» **AIM OF THE TASK**: Only one stretch of the records below is wanted: the lines from the one holding "repository 6640eaf0f9730bc8" through the one holding "of the coming". Return it exactly, both ends included.

BEGIN

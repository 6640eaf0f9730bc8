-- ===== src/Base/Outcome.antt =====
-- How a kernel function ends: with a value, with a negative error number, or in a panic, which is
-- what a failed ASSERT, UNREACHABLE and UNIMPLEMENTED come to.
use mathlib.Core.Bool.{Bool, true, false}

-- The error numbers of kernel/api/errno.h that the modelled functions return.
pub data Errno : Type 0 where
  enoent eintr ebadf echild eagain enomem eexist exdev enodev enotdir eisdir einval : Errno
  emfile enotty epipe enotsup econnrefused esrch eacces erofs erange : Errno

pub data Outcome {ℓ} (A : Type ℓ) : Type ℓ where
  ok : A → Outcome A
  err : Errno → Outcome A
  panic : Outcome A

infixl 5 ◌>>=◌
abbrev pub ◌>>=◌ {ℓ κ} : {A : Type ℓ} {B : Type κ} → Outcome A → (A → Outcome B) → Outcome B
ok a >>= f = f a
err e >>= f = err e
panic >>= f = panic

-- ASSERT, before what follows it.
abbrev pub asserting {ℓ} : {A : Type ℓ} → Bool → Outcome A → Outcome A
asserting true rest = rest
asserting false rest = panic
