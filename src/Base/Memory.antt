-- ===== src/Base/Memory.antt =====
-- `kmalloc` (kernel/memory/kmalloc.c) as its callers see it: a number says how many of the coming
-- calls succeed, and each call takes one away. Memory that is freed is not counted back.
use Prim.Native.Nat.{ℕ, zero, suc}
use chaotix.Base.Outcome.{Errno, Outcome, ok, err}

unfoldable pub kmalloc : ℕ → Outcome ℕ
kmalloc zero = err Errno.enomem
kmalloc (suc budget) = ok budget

END
BEGIN

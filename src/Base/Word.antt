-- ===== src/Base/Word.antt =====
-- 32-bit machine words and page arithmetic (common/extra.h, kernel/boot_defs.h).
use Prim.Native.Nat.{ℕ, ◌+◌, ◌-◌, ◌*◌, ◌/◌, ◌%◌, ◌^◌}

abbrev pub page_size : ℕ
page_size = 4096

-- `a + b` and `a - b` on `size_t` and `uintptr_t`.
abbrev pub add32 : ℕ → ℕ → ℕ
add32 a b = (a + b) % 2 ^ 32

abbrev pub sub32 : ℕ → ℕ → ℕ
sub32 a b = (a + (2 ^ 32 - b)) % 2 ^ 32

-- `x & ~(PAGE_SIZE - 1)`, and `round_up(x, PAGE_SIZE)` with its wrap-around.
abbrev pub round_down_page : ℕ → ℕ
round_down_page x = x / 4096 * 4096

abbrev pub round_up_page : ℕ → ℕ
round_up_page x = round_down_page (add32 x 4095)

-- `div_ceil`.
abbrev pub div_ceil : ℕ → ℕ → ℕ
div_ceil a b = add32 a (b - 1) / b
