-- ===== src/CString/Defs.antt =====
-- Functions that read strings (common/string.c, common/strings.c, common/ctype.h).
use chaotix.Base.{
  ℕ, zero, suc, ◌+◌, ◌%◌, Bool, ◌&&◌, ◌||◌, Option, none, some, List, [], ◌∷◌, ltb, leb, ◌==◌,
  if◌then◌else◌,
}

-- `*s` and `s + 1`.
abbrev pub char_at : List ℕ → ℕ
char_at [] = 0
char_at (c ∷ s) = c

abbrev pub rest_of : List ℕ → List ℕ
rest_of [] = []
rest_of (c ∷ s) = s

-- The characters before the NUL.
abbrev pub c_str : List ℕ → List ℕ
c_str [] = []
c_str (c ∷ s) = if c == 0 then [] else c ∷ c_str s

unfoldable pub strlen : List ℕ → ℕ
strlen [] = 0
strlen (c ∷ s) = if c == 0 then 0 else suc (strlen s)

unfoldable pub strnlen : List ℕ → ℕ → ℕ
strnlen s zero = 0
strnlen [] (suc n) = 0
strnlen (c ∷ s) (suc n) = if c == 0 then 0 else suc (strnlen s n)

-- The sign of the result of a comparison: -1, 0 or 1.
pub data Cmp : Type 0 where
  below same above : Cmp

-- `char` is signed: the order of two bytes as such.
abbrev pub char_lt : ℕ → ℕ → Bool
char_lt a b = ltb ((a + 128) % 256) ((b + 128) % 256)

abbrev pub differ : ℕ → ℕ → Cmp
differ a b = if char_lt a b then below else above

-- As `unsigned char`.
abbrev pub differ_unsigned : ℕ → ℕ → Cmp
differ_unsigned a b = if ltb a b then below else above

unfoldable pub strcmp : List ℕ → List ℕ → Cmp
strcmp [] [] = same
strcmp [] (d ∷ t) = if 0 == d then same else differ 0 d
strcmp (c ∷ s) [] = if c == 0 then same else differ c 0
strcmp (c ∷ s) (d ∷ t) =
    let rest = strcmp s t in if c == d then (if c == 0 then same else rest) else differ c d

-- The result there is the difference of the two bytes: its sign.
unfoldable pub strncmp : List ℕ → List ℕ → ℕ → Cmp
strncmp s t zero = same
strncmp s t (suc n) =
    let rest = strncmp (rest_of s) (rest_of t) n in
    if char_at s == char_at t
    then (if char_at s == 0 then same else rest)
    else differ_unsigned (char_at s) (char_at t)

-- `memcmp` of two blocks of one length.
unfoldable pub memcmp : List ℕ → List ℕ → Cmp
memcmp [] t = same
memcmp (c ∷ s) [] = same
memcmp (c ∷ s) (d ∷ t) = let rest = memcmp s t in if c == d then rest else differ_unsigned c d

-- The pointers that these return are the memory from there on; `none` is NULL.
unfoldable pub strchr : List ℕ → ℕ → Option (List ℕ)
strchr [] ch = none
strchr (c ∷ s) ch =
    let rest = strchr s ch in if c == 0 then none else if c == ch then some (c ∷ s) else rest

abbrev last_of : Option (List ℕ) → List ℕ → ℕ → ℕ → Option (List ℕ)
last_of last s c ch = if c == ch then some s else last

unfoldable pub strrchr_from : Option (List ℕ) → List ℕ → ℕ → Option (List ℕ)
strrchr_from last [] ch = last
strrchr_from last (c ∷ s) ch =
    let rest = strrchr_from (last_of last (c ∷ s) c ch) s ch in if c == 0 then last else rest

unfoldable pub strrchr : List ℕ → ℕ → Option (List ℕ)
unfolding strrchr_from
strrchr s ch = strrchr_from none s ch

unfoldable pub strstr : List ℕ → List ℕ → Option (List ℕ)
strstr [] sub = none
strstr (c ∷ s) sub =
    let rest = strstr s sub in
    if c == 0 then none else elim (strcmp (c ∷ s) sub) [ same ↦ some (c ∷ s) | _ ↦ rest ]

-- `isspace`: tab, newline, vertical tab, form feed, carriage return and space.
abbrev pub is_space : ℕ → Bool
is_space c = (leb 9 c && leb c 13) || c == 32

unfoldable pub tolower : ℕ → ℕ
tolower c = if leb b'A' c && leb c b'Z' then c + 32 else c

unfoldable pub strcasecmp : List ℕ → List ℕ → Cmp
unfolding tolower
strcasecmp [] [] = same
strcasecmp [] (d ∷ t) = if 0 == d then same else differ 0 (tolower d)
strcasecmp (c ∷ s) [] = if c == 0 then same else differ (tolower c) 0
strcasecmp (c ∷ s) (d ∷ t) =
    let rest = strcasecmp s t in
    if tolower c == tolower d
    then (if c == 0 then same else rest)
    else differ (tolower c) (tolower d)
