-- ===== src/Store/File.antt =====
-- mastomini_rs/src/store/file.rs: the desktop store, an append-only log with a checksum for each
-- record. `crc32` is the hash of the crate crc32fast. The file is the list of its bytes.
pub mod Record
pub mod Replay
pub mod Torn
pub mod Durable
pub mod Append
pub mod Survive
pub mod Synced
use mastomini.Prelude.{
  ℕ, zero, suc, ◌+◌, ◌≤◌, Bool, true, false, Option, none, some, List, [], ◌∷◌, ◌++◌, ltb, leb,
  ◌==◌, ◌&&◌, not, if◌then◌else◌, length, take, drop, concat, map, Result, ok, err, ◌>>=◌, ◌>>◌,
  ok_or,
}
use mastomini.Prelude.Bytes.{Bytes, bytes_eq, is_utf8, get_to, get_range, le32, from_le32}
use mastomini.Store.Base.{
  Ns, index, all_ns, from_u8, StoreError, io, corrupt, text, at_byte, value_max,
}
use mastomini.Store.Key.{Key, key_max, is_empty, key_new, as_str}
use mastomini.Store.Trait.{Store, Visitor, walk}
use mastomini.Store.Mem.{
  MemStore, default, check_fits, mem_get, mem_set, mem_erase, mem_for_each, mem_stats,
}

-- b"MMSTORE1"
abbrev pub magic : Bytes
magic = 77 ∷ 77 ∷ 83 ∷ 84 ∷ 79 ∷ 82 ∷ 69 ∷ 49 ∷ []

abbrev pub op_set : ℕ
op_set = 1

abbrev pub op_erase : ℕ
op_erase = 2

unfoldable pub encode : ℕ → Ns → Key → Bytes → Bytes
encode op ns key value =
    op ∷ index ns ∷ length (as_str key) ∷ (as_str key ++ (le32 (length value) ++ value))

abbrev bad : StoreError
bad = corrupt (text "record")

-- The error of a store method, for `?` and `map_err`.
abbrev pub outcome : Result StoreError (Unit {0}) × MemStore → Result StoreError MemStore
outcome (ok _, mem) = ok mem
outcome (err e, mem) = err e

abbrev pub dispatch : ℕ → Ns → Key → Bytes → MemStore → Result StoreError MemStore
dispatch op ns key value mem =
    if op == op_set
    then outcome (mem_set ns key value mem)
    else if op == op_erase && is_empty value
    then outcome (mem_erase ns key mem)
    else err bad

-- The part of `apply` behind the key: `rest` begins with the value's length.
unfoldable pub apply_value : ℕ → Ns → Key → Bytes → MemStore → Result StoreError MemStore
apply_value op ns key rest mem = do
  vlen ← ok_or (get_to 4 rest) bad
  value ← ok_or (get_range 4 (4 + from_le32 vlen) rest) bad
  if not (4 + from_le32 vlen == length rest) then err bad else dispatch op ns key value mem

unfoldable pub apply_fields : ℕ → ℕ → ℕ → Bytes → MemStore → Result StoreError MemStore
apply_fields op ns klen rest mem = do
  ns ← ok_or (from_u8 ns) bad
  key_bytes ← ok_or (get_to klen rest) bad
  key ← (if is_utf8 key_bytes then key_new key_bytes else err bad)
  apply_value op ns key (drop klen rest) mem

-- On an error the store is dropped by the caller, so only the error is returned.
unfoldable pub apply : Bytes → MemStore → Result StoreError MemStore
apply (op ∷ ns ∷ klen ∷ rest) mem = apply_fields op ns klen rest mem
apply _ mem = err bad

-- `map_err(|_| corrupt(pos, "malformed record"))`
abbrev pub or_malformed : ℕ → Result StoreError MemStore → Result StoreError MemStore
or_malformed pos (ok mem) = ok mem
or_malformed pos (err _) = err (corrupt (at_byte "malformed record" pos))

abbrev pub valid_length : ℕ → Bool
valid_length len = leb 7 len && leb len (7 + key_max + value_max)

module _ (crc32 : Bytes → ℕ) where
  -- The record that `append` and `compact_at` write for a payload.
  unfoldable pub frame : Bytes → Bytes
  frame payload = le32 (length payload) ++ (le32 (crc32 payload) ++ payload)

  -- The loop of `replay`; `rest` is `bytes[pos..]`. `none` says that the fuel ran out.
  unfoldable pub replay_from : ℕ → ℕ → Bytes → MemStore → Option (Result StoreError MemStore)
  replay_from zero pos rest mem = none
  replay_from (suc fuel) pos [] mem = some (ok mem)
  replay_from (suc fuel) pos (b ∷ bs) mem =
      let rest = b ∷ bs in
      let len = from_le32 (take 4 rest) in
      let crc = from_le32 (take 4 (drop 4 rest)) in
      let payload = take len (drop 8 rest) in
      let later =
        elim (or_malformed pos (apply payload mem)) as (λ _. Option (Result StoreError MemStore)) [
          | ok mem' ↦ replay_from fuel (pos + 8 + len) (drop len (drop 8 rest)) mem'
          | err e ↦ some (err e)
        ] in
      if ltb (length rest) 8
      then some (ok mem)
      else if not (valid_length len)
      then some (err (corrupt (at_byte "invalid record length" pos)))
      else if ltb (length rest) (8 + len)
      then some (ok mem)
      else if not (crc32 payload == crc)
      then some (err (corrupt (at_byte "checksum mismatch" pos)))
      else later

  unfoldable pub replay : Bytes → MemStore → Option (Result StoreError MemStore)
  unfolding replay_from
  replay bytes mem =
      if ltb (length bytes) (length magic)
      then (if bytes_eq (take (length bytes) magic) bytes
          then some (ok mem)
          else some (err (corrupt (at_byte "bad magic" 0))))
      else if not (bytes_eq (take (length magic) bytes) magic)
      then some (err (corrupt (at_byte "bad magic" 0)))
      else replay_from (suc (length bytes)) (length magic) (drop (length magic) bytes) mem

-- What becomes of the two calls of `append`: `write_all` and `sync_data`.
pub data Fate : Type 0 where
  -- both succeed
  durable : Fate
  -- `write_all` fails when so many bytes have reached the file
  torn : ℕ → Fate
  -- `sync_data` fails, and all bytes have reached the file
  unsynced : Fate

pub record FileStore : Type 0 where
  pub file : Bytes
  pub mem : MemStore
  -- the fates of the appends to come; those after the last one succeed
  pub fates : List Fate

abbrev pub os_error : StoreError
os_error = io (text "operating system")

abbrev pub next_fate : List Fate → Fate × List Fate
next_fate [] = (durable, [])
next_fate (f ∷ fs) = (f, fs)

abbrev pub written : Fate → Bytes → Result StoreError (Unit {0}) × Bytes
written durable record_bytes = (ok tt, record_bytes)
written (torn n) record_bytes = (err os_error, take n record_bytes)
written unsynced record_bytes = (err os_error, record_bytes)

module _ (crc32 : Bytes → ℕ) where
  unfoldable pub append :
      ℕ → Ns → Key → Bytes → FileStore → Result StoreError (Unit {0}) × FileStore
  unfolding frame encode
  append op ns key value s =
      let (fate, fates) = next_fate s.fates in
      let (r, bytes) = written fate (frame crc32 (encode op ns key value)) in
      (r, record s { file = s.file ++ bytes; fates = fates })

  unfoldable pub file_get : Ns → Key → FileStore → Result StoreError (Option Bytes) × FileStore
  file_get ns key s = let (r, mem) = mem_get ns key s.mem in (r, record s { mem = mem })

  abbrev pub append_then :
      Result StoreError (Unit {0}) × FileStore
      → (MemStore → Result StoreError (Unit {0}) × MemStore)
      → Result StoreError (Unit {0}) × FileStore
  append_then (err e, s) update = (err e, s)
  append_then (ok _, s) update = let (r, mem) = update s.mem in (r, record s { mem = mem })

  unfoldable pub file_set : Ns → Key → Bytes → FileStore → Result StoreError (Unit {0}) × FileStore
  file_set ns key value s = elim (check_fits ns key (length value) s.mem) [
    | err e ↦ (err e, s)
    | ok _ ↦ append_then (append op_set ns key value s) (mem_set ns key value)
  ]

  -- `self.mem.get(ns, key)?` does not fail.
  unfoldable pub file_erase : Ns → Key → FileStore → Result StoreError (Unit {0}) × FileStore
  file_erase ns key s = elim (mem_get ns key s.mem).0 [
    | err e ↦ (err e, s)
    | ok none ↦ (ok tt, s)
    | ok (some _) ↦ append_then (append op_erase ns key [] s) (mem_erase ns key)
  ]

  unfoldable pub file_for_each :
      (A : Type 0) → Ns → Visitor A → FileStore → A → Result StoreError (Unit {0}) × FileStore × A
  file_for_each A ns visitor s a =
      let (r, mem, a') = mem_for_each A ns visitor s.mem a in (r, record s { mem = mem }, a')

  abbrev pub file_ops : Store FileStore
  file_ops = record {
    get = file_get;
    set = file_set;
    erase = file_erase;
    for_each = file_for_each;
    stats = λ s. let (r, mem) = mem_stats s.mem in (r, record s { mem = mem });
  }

END
BEGIN

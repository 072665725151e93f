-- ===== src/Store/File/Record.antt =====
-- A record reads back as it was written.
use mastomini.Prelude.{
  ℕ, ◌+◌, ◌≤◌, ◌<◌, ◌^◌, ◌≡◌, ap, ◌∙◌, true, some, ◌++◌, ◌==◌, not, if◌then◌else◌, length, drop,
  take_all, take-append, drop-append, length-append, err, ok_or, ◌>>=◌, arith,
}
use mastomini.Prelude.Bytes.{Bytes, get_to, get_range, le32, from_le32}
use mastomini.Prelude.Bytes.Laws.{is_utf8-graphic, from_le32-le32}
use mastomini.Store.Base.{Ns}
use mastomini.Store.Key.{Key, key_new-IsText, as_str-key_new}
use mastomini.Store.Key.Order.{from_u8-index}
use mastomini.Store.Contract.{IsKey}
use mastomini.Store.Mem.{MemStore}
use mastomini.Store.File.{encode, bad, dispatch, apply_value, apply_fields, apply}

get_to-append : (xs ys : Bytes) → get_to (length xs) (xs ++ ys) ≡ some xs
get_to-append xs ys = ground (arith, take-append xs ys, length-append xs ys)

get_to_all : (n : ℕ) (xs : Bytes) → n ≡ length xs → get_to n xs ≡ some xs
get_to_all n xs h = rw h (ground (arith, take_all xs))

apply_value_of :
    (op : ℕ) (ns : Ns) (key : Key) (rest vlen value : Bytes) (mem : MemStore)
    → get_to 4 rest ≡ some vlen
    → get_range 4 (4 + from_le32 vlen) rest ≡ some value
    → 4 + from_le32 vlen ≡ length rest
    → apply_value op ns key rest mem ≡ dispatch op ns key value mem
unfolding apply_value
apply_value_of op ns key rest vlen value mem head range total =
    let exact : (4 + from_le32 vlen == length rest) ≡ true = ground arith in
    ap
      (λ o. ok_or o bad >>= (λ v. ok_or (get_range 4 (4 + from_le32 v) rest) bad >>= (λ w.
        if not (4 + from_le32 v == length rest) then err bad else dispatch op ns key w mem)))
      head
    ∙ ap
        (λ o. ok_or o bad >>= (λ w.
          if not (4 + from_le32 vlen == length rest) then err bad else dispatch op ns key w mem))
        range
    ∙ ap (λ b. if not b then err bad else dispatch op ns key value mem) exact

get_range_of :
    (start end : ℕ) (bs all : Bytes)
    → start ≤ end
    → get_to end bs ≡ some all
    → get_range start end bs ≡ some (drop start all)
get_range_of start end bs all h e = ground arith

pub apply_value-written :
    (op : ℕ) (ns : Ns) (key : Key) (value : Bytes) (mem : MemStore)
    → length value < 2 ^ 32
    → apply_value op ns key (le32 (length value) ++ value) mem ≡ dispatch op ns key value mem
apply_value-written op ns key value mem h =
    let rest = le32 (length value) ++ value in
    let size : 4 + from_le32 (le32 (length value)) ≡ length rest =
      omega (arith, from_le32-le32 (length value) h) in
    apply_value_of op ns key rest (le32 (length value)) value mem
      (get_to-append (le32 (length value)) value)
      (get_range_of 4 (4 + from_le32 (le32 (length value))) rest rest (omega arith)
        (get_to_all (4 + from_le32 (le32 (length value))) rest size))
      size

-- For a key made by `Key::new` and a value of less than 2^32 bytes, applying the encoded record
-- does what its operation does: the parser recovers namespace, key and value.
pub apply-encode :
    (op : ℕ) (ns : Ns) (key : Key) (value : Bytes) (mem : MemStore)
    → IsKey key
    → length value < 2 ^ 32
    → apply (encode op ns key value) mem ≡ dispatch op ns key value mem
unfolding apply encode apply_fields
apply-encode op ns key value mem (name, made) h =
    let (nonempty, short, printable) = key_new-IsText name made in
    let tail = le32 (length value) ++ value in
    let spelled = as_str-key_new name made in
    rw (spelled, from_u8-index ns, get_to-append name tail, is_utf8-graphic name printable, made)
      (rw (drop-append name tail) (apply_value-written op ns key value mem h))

END

» **ANSWER BOX**:
repository 6640eaf0f9730bc8
-- ===== src/Base/Outcome.antt =====
-- How a kernel function ends: with a value, with a negative error number, or in a panic, which is
-- what a failed ASSERT, UNREACHABLE and UNIMPLEMENTED come to.
use mathlib.Core.Bool.{Bool, true, false}

-- The error numbers of kernel/api/errno.h that the modelled functions return.
pub data Errno : Type 0 where
  enoent eintr ebadf echild eagain enomem eexist exdev enodev enotdir eisdir einval : Errno
  emfile enotty epipe enotsup econnrefused esrch eacces erofs erange : Errno

pub data Outcome {ℓ} (A : Type ℓ) : Type ℓ where
  ok : A → Outcome A
  err : Errno → Outcome A
  panic : Outcome A

infixl 5 ◌>>=◌
abbrev pub ◌>>=◌ {ℓ κ} : {A : Type ℓ} {B : Type κ} → Outcome A → (A → Outcome B) → Outcome B
ok a >>= f = f a
err e >>= f = err e
panic >>= f = panic

-- ASSERT, before what follows it.
abbrev pub asserting {ℓ} : {A : Type ℓ} → Bool → Outcome A → Outcome A
asserting true rest = rest
asserting false rest = panic
filename src/Base/Memory.antt
-- ===== src/Base/Memory.antt =====
-- `kmalloc` (kernel/memory/kmalloc.c) as its callers see it: a number says how many of the coming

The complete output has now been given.